• Provided records:
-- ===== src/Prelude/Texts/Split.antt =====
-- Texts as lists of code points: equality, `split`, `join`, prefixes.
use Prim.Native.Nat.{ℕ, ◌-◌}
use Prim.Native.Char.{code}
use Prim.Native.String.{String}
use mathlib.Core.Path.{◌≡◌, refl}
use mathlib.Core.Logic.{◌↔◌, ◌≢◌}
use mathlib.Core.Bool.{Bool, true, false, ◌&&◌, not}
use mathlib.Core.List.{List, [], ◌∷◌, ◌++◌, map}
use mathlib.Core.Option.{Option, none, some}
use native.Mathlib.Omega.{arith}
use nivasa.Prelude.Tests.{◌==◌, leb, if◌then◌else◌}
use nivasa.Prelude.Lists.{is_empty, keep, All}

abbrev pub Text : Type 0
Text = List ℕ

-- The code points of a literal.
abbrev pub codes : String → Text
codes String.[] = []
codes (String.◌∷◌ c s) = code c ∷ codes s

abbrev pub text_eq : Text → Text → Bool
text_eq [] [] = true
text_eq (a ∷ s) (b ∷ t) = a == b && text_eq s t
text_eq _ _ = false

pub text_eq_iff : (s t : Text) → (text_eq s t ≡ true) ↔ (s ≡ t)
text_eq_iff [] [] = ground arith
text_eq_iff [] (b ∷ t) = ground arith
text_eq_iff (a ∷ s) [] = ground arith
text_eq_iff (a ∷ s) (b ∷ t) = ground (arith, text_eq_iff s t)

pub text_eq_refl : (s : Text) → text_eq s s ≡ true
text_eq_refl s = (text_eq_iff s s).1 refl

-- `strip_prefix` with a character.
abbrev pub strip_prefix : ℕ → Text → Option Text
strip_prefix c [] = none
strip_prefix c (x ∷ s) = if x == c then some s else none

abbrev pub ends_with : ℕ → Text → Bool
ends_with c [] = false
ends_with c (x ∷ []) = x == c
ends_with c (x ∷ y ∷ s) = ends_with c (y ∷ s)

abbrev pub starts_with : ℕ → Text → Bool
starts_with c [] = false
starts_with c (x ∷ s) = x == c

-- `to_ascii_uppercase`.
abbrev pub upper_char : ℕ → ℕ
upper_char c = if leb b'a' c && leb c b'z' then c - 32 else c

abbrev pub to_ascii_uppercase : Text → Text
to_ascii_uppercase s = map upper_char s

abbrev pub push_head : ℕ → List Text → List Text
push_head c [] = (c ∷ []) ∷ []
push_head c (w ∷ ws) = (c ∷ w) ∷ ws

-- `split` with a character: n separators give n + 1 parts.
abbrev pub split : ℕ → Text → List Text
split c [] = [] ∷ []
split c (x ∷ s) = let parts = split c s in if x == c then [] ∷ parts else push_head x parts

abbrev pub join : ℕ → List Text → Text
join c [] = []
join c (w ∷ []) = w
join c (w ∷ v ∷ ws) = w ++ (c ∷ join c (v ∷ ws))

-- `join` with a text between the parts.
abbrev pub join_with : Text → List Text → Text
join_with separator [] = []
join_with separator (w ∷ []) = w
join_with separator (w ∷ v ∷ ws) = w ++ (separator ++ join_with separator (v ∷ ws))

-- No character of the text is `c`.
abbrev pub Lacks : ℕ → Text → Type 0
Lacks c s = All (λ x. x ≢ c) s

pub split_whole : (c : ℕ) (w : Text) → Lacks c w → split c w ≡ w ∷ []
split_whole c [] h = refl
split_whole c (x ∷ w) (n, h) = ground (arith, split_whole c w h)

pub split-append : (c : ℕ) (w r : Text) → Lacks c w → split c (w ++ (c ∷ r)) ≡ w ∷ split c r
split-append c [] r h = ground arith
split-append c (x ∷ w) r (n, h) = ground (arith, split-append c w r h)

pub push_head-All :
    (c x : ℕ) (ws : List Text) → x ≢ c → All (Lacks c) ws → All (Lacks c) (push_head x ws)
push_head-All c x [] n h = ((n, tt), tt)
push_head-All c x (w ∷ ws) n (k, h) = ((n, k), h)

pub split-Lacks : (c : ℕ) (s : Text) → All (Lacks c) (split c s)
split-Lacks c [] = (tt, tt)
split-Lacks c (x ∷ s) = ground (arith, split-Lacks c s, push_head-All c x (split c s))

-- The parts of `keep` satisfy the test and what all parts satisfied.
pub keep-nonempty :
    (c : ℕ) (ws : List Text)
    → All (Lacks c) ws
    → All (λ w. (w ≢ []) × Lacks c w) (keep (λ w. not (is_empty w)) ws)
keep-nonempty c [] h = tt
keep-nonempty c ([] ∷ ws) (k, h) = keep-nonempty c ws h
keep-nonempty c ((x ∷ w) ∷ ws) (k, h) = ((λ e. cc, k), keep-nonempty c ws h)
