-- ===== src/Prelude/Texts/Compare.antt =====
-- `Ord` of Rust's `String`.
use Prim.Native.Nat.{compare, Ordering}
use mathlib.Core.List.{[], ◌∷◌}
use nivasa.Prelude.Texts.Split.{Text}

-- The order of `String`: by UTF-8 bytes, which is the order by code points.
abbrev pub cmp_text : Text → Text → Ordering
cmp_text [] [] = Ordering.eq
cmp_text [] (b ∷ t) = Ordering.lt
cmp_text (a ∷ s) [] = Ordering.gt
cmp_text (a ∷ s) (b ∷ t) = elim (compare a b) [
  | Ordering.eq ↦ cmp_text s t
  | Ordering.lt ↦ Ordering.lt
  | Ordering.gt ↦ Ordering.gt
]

• Problem: Using the listing, filter for "true" and return the matching lines.

• Response to the exercise:
use mathlib.Core.Bool.{Bool, true, false, ◌&&◌, not}
text_eq [] [] = true
pub text_eq_iff : (s t : Text) → (text_eq s t ≡ true) ↔ (s ≡ t)
pub text_eq_refl : (s : Text) → text_eq s s ≡ true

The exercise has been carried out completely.